Stored items from a collection
Segment Open

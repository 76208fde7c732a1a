-- ===== src/Events/Reopening.antt =====
-- A pull request that is closed and opened again.
use greensecops.Common.{
  ℕ, ◌≡◌, ◌⊎◌, inl, inr, refl, ◌∙◌, List, map, if◌then◌else◌, update-map, update-update, arith,
}
use greensecops.StateMachines.Base.{value}
use greensecops.StateMachines.Fix.{FixStatus, ready, delivered, superseded_by_closed_pr}
use greensecops.StateMachines.PullRequest.{opened, draft, closed, close, reopen}
use greensecops.Events.Store.{PullRequest, WorkflowFix, World, Machines, is_number}
use greensecops.Events.Lifecycle.{
  advance_pr, settle_fix, settle_fixes, is_of_pr, handle_pull_request_lifecycle, settle_findings,
}
use greensecops.Events.Landing.{settle_fix_lem, restoring, withdrawing}
use greensecops.Events.Redelivery.{advance_pr_lem, settle_fix-pr}

abbrev pub deliverable_again : FixStatus → FixStatus
deliverable_again ready = ready
deliverable_again delivered = ready
deliverable_again superseded_by_closed_pr = ready
deliverable_again s = s

abbrev pub reopened_row : PullRequest → WorkflowFix → WorkflowFix
reopened_row pr fix =
    if is_number fix.pr_id pr.id then record fix { status = deliverable_again fix.status } else fix

restoring-withdrawing : (s : FixStatus) → (restoring (withdrawing s).0).0 ≡ deliverable_again s
restoring-withdrawing s = ground arith

module _ (machines : Machines) (pr : PullRequest) where
  close_reopen_row :
      (fix : WorkflowFix)
      → (if is_of_pr pr fix
          then (settle_fix machines reopen (settle_fix machines close fix).0).0
          else fix)
        ≡ reopened_row pr fix
  unfolding is_of_pr
  close_reopen_row fix = ground (
    arith,
    settle_fix_lem machines close fix,
    settle_fix_lem machines reopen (record fix { status = (withdrawing fix.status).0 }),
    restoring-withdrawing fix.status,
  )

  settle_fixes-close_reopen :
      (fixes : List WorkflowFix)
      → settle_fixes machines reopen pr (settle_fixes machines close pr fixes)
        ≡ map (reopened_row pr) fixes
  unfolding settle_fixes
  settle_fixes-close_reopen fixes =
      update-update _ _ _ fixes (λ fix h. settle_fix-pr machines close pr fix ∙ h)
      ∙ update-map _ _ _ fixes close_reopen_row

  -- An open or draft pull request that is closed and then reopened is open with its other columns as
  -- they were. Those of its fixes that were ready, delivered or withdrawn by a closed pull request are
  -- ready; its other fixes, the fixes of other pull requests and the findings are as they were.
  pub close_reopen :
      (now later : ℕ) (w : World)
      → (pr.pr_state ≡ value opened) ⊎ (pr.pr_state ≡ value draft)
      → let (pr1, w1) = handle_pull_request_lifecycle machines now close pr w in
        let (pr2, w2) = handle_pull_request_lifecycle machines later reopen pr1 w1 in
        (pr2 ≡ record pr { pr_state = value opened })
        × (w2.fixes ≡ map (reopened_row pr) w.fixes)
        × (w2.findings ≡ w.findings)
  unfolding handle_pull_request_lifecycle settle_findings
  close_reopen now later w live = (
    by_state live,
    rw (advance_pr_lem machines close pr) (settle_fixes-close_reopen w.fixes),
    refl,
  )
    where
      by_state :
          (pr.pr_state ≡ value opened) ⊎ (pr.pr_state ≡ value draft)
          → (advance_pr machines reopen (advance_pr machines close pr).0).0
            ≡ record pr { pr_state = value opened }
      by_state (inl h) = ground (
        arith,
        h,
        advance_pr_lem machines close pr,
        advance_pr_lem machines reopen (record pr { pr_state = value closed }),
      )
      by_state (inr h) = ground (
        arith,
        h,
        advance_pr_lem machines close pr,
        advance_pr_lem machines reopen (record pr { pr_state = value closed }),
      )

Segment Closed

• **WHAT THE TASK REQUIRES**
Using the records above, restate word for word the lines from the one with "abbrev pub deliverable_again" through the one with "deliverable_again s = s", both included.

• **SOLUTION BELOW**
abbrev pub deliverable_again : FixStatus → FixStatus
deliverable_again ready = ready
deliverable_again delivered = ready
deliverable_again superseded_by_closed_pr = ready
deliverable_again s = s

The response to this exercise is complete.